_TASK INSTRUCTIONS_
Using the records below, quote only the span that opens with the line containing "record Rest (history" and closes with the line containing "order = j ∷ rest.order;", exactly and inclusively.

(Dataset excerpts)
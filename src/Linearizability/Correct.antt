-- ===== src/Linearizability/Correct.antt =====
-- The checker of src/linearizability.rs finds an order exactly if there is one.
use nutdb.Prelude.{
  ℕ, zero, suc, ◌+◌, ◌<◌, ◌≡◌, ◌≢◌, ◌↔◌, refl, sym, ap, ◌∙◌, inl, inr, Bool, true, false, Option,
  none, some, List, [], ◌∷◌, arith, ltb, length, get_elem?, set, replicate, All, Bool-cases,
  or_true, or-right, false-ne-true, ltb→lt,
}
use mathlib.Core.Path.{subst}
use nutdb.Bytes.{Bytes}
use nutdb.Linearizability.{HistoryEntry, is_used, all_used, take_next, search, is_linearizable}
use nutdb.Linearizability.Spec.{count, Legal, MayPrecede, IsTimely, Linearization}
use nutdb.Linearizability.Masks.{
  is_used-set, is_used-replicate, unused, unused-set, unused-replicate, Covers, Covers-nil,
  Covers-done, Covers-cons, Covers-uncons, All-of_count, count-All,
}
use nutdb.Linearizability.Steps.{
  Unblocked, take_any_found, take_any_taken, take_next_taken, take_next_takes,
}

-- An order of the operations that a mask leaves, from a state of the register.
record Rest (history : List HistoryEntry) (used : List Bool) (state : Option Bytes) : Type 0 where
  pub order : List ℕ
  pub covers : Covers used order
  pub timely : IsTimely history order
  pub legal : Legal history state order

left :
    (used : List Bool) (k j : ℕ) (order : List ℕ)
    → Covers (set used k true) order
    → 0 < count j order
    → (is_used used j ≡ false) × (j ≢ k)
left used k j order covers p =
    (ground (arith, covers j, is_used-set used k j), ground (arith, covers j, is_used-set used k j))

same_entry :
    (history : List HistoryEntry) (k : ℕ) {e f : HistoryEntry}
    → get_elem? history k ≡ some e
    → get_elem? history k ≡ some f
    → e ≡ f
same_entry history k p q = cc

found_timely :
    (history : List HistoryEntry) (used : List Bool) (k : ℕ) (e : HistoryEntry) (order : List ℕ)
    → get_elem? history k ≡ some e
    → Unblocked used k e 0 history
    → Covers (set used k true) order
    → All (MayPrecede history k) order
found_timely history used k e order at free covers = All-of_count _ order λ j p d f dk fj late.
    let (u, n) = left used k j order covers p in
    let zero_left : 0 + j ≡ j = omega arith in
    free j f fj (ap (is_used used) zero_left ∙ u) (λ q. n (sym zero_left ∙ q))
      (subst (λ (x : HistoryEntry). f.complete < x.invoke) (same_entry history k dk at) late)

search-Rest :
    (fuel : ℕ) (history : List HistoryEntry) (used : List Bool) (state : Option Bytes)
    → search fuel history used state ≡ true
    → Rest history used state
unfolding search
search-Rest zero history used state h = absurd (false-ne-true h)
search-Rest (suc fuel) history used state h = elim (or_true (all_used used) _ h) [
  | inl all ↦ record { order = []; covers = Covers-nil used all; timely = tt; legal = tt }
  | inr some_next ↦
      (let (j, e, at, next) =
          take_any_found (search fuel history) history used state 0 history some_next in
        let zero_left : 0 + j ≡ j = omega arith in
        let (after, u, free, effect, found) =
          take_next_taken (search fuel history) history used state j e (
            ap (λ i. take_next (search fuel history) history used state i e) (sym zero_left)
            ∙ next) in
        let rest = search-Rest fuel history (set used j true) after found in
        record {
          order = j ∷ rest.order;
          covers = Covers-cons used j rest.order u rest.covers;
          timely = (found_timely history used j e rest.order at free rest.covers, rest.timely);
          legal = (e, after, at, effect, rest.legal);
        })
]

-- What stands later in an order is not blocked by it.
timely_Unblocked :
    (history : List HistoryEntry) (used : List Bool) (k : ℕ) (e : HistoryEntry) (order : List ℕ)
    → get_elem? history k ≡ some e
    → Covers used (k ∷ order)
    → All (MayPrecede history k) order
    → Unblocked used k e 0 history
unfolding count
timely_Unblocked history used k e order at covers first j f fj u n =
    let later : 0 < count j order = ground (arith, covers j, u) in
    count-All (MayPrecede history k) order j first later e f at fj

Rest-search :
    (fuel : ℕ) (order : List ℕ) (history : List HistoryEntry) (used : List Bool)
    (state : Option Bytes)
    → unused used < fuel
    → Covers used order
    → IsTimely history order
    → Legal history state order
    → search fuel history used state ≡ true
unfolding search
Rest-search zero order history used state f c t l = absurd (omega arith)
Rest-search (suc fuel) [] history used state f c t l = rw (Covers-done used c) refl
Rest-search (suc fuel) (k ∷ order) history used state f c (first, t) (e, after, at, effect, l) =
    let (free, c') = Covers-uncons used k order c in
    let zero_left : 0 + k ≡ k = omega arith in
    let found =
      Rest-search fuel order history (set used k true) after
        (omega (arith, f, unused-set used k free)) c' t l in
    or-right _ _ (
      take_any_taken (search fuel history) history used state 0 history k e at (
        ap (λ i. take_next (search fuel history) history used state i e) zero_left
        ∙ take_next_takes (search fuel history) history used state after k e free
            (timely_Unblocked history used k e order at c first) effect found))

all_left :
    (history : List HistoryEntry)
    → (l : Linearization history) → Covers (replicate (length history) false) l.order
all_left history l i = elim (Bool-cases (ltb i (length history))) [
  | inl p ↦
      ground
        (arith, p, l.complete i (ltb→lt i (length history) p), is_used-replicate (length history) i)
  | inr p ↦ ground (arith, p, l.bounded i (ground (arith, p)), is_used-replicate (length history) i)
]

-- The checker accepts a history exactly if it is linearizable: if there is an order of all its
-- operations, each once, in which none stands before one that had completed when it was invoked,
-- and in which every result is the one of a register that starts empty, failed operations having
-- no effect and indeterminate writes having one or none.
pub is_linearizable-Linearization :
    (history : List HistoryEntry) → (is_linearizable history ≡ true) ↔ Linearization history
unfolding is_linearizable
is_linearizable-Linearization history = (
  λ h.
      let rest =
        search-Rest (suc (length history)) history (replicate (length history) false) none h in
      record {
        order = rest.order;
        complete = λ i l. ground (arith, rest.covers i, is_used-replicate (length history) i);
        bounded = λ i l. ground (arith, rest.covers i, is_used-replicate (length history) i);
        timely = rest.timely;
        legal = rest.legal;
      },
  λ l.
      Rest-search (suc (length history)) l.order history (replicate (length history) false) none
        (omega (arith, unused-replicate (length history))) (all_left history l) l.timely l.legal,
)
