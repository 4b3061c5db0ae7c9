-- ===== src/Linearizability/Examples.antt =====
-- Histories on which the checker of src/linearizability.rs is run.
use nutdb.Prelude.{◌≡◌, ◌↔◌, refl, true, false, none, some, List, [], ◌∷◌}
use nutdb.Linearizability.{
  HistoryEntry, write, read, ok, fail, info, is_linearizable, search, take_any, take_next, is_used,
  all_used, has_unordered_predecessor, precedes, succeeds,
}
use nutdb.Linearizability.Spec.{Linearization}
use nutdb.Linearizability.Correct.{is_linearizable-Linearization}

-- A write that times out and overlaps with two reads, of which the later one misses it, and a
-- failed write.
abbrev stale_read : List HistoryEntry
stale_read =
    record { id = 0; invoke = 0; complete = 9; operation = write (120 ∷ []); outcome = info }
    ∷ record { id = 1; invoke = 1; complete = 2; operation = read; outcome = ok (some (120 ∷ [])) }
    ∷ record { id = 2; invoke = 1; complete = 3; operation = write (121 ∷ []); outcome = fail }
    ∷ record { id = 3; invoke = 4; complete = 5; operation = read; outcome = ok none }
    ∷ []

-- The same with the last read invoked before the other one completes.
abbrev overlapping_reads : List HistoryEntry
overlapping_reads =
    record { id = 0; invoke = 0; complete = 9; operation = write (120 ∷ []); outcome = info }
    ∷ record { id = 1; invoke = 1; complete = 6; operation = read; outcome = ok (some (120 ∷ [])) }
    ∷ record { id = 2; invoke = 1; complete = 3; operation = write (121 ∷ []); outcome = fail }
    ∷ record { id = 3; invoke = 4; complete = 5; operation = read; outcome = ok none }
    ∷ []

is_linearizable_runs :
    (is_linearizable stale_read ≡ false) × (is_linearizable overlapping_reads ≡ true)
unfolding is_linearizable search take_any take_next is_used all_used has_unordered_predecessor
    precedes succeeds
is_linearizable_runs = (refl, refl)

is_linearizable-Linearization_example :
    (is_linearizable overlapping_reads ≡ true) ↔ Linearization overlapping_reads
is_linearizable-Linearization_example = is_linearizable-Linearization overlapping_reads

_TASK OUTPUT_
record Rest (history : List HistoryEntry) (used : List Bool) (state : Option Bytes) : Type 0 where
  pub order : List ℕ
  pub covers : Covers used order
  pub timely : IsTimely history order
  pub legal : Legal history state order

left :
    (used : List Bool) (k j : ℕ) (order : List ℕ)
    → Covers (set used k true) order
    → 0 < count j order
    → (is_used used j ≡ false) × (j ≢ k)
left used k j order covers p =
    (ground (arith, covers j, is_used-set used k j), ground (arith, covers j, is_used-set used k j))

same_entry :
    (history : List HistoryEntry) (k : ℕ) {e f : HistoryEntry}
    → get_elem? history k ≡ some e
    → get_elem? history k ≡ some f
    → e ≡ f
same_entry history k p q = cc

found_timely :
    (history : List HistoryEntry) (used : List Bool) (k : ℕ) (e : HistoryEntry) (order : List ℕ)
    → get_elem? history k ≡ some e
    → Unblocked used k e 0 history
    → Covers (set used k true) order
    → All (MayPrecede history k) order
found_timely history used k e order at free covers = All-of_count _ order λ j p d f dk fj late.
    let (u, n) = left used k j order covers p in
    let zero_left : 0 + j ≡ j = omega arith in
    free j f fj (ap (is_used used) zero_left ∙ u) (λ q. n (sym zero_left ∙ q))
      (subst (λ (x : HistoryEntry). f.complete < x.invoke) (same_entry history k dk at) late)

search-Rest :
    (fuel : ℕ) (history : List HistoryEntry) (used : List Bool) (state : Option Bytes)
    → search fuel history used state ≡ true
    → Rest history used state
unfolding search
search-Rest zero history used state h = absurd (false-ne-true h)
search-Rest (suc fuel) history used state h = elim (or_true (all_used used) _ h) [
  | inl all ↦ record { order = []; covers = Covers-nil used all; timely = tt; legal = tt }
  | inr some_next ↦
      (let (j, e, at, next) =
          take_any_found (search fuel history) history used state 0 history some_next in
        let zero_left : 0 + j ≡ j = omega arith in
        let (after, u, free, effect, found) =
          take_next_taken (search fuel history) history used state j e (
            ap (λ i. take_next (search fuel history) history used state i e) (sym zero_left)
            ∙ next) in
        let rest = search-Rest fuel history (set used j true) after found in
        record {
          order = j ∷ rest.order;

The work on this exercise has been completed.